EMA tarafından çarşamba günü yayınlanan rakamlara göre şu ana kadar dünya genelinde beyin damarlarında pıhtı görülen 62 vaka kaydedildi. Bu kişilerden 44’ü, Avrupa Ekonomik Alanı’ndaki (Avrupa Birliği, İzlanda, Norveç ve Liechtenstein) 30 ülkede uygulanan 9 milyon 200 bin kişidendi. EMA Direktörü Emer Cooke çarşamba günü sanal olarak düzenlenen basın toplantısında, hepsi kesin olarak atipik pıhtılara bağlı olmamak üzere 14 ölümün kaydedildiğini duyurdu.
Paul Ehrlich Enstitüsü’ne göre Almanya’da, beyin damarlarında pıhtılaşma olduğundan şüphelenilen 31 vaka (bunlardan 19’u trombosit sayısındaki azalma ile ilişkilendirildi) ve 9 ölüm kaydedildi. Bu AstraZeneca aşısının (2 milyon 800 bin doz aşı kullanıldı) 100 bin dozu başına ortalama bir vakayı temsil ediyor.
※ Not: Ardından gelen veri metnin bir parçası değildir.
-- ===== src/Client/Cli/Prepared.antt =====
-- A rotation up to the point where it asks the server.
use rdrive.Base.{
  ◌+◌, not, ◌&&◌, ◌≡◌, refl, sym, ◌∙◌, ap, inl, inr, Option, none, some, arith, Bytes, codes,
  Bool-cases, Option-cases,
}
use rdrive.Base.Text.{trim}
use rdrive.Base.Outcome.{ok}
use rdrive.Fault.{no_keys, bad_public_key}
use rdrive.Run.{Run, ◌>>=◌, ◌>>◌, pure, fail_if, or_fail}
use rdrive.Run.Laws.{>>=-eq-ok}
use rdrive.Crypto.{Primitives, generate_ed25519_keypair}
use rdrive.Disk.{Disk, FilePath, exists, read_file}
use rdrive.Disk.Contents.{file_at, file_at-read_file, read_file-eq-some}
use rdrive.Wire.{Wire}
use rdrive.Server.{Site}
use rdrive.Client.{Profile, Client}
use rdrive.Client.Cli.{
  private_key_path, public_key_path, read_text, decode_key, generate_keypair, existing_keys,
  decode_pair,
}

-- The same files, and the same connection.
abbrev IsLike : Client → Client → Type 0
IsLike s t = (t.wire ≡ s.wire) × ((q : FilePath) → file_at q t.disk ≡ file_at q s.disk)

module _ (P : Primitives) (C : Site) (U : Profile) where
  -- The two key files hold a pair as hexadecimal text.
  abbrev pub AreHeld : Bytes × Bytes → Disk → Type 0
  AreHeld keys d =
      (pri_hex : Bytes) × (pub_hex : Bytes) × (file_at (private_key_path P C U) d ≡ some pri_hex)
      × (file_at (public_key_path P C U) d ≡ some pub_hex)
      × (P.unhex (trim pri_hex) ≡ some keys.0)
      × (P.unhex (trim pub_hex) ≡ some keys.1)

  -- The old pair stands in the files, the new one was drawn, and neither the files nor the connection have changed.
  abbrev pub IsPrepared : Bytes × Bytes → Bytes × Bytes → Client → Client → Type 0
  IsPrepared old new s t =
      AreHeld old s.disk
      × (new.0 ≡ P.random s.wire.draws 32)
      × (new.1 ≡ P.public_of new.0)
      × (t.wire ≡ record s.wire { draws = s.wire.draws + 1 })
      × ((q : FilePath) → file_at q t.disk ≡ file_at q s.disk)

  read_text-eq-ok :
      (p : FilePath) (s t : Client) (a : Bytes)
      → read_text P C U p s ≡ (ok a, t)
      → (file_at p s.disk ≡ some a) × IsLike s t
  unfolding read_text
  read_text-eq-ok p s t a h = elim (Option-cases (read_file p s.disk).0) [
    | inl e ↦ absurd (ground (arith, e, h))
    | inr (c, e) ↦
        let same : c ≡ a = ground (arith, e, h) in
        let end : record s { disk = (read_file p s.disk).1 } ≡ t = ap (λ r. r.1) (rw e at h) in
        (
          read_file-eq-some p s.disk c e ∙ ap some same,
          (
            ap (λ x. x.wire) (sym end),
            λ q. ap (λ x. file_at q x.disk) (sym end) ∙ file_at-read_file p q s.disk,
          ),
        )
  ]

  decode_key-eq-ok :
      (hex k : Bytes) (s t : Client)
      → decode_key P C U hex s ≡ (ok k, t)
      → (P.unhex (trim hex) ≡ some k) × (t ≡ s)
  unfolding decode_key
  decode_key-eq-ok hex k s t h = elim (Option-cases (P.unhex (trim hex))) [
    | inl e ↦ absurd (ground (arith, e, h))
    | inr (c, e) ↦ ground (arith, e, h)
  ]

  existing_keys-eq-ok :
      (files : Bytes × Bytes) (s t : Client)
      → existing_keys P C U s ≡ (ok (some files), t)
      → (file_at (private_key_path P C U) s.disk ≡ some files.0)
        × (file_at (public_key_path P C U) s.disk ≡ some files.1)
        × IsLike s t
  unfolding existing_keys
  existing_keys-eq-ok files s t h =
      elim (Bool-cases
        (exists (private_key_path P C U) s.disk && exists (public_key_path P C U) s.disk)) [
          | inr e ↦ absurd (ground (arith, (rw e at h)))
          | inl e ↦
              let both = λ (pri : Bytes).
                read_text P C U (public_key_path P C U) >>= λ pub_. pure (some (pri, pub_)) in
              let (pri, s₁, e₁, h₁) =
                >>=-eq-ok (read_text P C U (private_key_path P C U)) both s (rw e at h) in
              let (pub_, s₂, e₂, h₂) =
                >>=-eq-ok (read_text P C U (public_key_path P C U)) (λ p. pure (some (pri, p))) s₁
                  h₁ in
              let (a, (w, k)) = read_text-eq-ok (private_key_path P C U) s s₁ pri e₁ in
              let (b, (w', k')) = read_text-eq-ok (public_key_path P C U) s₁ s₂ pub_ e₂ in
              let end : s₂ ≡ t = ap (λ r. r.1) h₂ in
              let same : ◌≡◌ {A = Option (Bytes × Bytes)} (some (pri, pub_)) (some files) =
                ground (arith, h₂) in
              let first : pri ≡ files.0 = ground (arith, same) in
              let second : pub_ ≡ files.1 = ground (arith, same) in
              (
                a ∙ ap some first,
                sym (k (public_key_path P C U)) ∙ b ∙ ap some second,
                (
                  ap (λ x. x.wire) (sym end) ∙ w' ∙ w,
                  λ q. ap (λ x. file_at q x.disk) (sym end) ∙ k' q ∙ k q,
                ),
              )
        ]

  decode_pair-eq-ok :
      (files keys : Bytes × Bytes) (s t : Client)
      → decode_pair P C U files s ≡ (ok keys, t)
      → (P.unhex (trim files.0) ≡ some keys.0) × (P.unhex (trim files.1) ≡ some keys.1) × (t ≡ s)
  unfolding decode_pair
  decode_pair-eq-ok (pri_hex, pub_hex) keys s t h =
      let last : Bytes → Bytes → Run Client (Bytes × Bytes) =
        λ pri pub_. fail_if (not (P.valid_key pub_)) bad_public_key >> pure (pri, pub_) in
      let (pri, s₁, e₁, h₁) =
        >>=-eq-ok (decode_key P C U pri_hex) (λ pri. decode_key P C U pub_hex >>= last pri) s h in
      let (pub_, s₂, e₂, h₂) = >>=-eq-ok (decode_key P C U pub_hex) (last pri) s₁ h₁ in
      let (a, w) = decode_key-eq-ok pri_hex pri s s₁ e₁ in
      let (b, w') = decode_key-eq-ok pub_hex pub_ s₁ s₂ e₂ in
      elim (Bool-cases (P.valid_key pub_)) [
        | inr bad ↦ absurd (ground (arith, bad, h₂))
        | inl good ↦
            let end : last pri pub_ s₂ ≡ (ok (pri, pub_), s₂) = rw good refl in
            let all = sym end ∙ h₂ in
            let state : s₂ ≡ t = ap (λ r. r.1) all in
            let same : ◌≡◌ {A = Option (Bytes × Bytes)} (some (pri, pub_)) (some keys) =
              ap (λ r. elim r.0 [ ok x ↦ some x | _ ↦ none ]) all in
            let first : pri ≡ keys.0 = ground (arith, same) in
            let second : pub_ ≡ keys.1 = ground (arith, same) in
            (a ∙ ap some first, b ∙ ap some second, sym state ∙ w' ∙ w)
      ]

  generate_keypair-eq-ok :
      (new : Bytes × Bytes) (s t : Client)
      → generate_keypair P C U s ≡ (ok new, t)
      → (new.0 ≡ P.random s.wire.draws 32)
        × (new.1 ≡ P.public_of new.0)
        × (t ≡ record s { wire = record s.wire { draws = s.wire.draws + 1 } })
  unfolding generate_keypair generate_ed25519_keypair
  generate_keypair-eq-ok new s t h =
      let pri = P.random s.wire.draws 32 in
      let message = codes "ed25519 key gen-test" in
      elim (Bool-cases (P.verify (P.public_of pri) message (P.sign pri message))) [
        | inr bad ↦ absurd (ground (arith, (rw bad at h)))
        | inl good ↦
            let h' = rw good at h in
            let same : ◌≡◌ {A = Option (Bytes × Bytes)} (some (pri, P.public_of pri)) (some new) =
              ap (λ r. elim r.0 [ ok x ↦ some x | _ ↦ none ]) h' in
            let first : pri ≡ new.0 = ground (arith, same) in
            let second : P.public_of pri ≡ new.1 = ground (arith, same) in
            (sym first, sym second ∙ ap P.public_of first, sym (ap (λ r. r.1) h'))
      ]

  -- The steps of a rotation before it asks the server.
  pub prepared :
      (existing : Option (Bytes × Bytes)) (files old new : Bytes × Bytes) (s t₁ t₂ t₃ t₄ : Client)
      → existing_keys P C U s ≡ (ok existing, t₁)
      → or_fail existing no_keys t₁ ≡ (ok files, t₂)
      → decode_pair P C U files t₂ ≡ (ok old, t₃)
      → generate_keypair P C U t₃ ≡ (ok new, t₄)
      → IsPrepared old new s t₄
  prepared none files old new s t₁ t₂ t₃ t₄ e₁ e₂ e₃ e₄ = absurd (ground (arith, e₂))
  prepared (some found) files old new s t₁ t₂ t₃ t₄ e₁ e₂ e₃ e₄ =
      let same : found ≡ files = ap (λ r. elim r.0 [ ok x ↦ x | _ ↦ found ]) e₂ in
      let kept : t₁ ≡ t₂ = ap (λ r. r.1) e₂ in
      let (a, b, (wire, held)) = existing_keys-eq-ok found s t₁ e₁ in
      let (c, d, still) = decode_pair-eq-ok files old t₂ t₃ e₃ in
      let (drawn, pair, last) = generate_keypair-eq-ok new t₃ t₄ e₄ in
      let back : t₃ ≡ t₁ = still ∙ sym kept in
      let wire₃ : t₃.wire ≡ s.wire = ap (λ x. x.wire) back ∙ wire in
      (
        (files.0, files.1, a ∙ ap (λ f. some f.0) same, b ∙ ap (λ f. some f.1) same, c, d),
        drawn ∙ ap (λ x. P.random x.draws 32) wire₃,
        pair,
        ap (λ x. x.wire) last ∙ ap (λ (x : Wire). record x { draws = x.draws + 1 }) wire₃,
        λ q. ap (λ x. file_at q x.disk) last ∙ ap (λ x. file_at q x.disk) back ∙ held q,
      )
Fransız İlaç Ajansına göre, Fransa’da uygulanan 1 milyon 900 bin dozdan 4 can kaybı dahil olmak üzere 12 vaka bildirildi. Norveç’te uygulanan 120 bin dozdan 3 can kaybı dahil olmak üzere 5 vaka kaydedildi. Hollanda da aynı şekilde 3 can kaybı dahil olmak üzere 5 vaka kaydedildi.
*İçerik orijinal haline bağlı kalınarak çevrilmiştir. Independent Türkçe’nin editöryal politikasını yansıtmayabilir.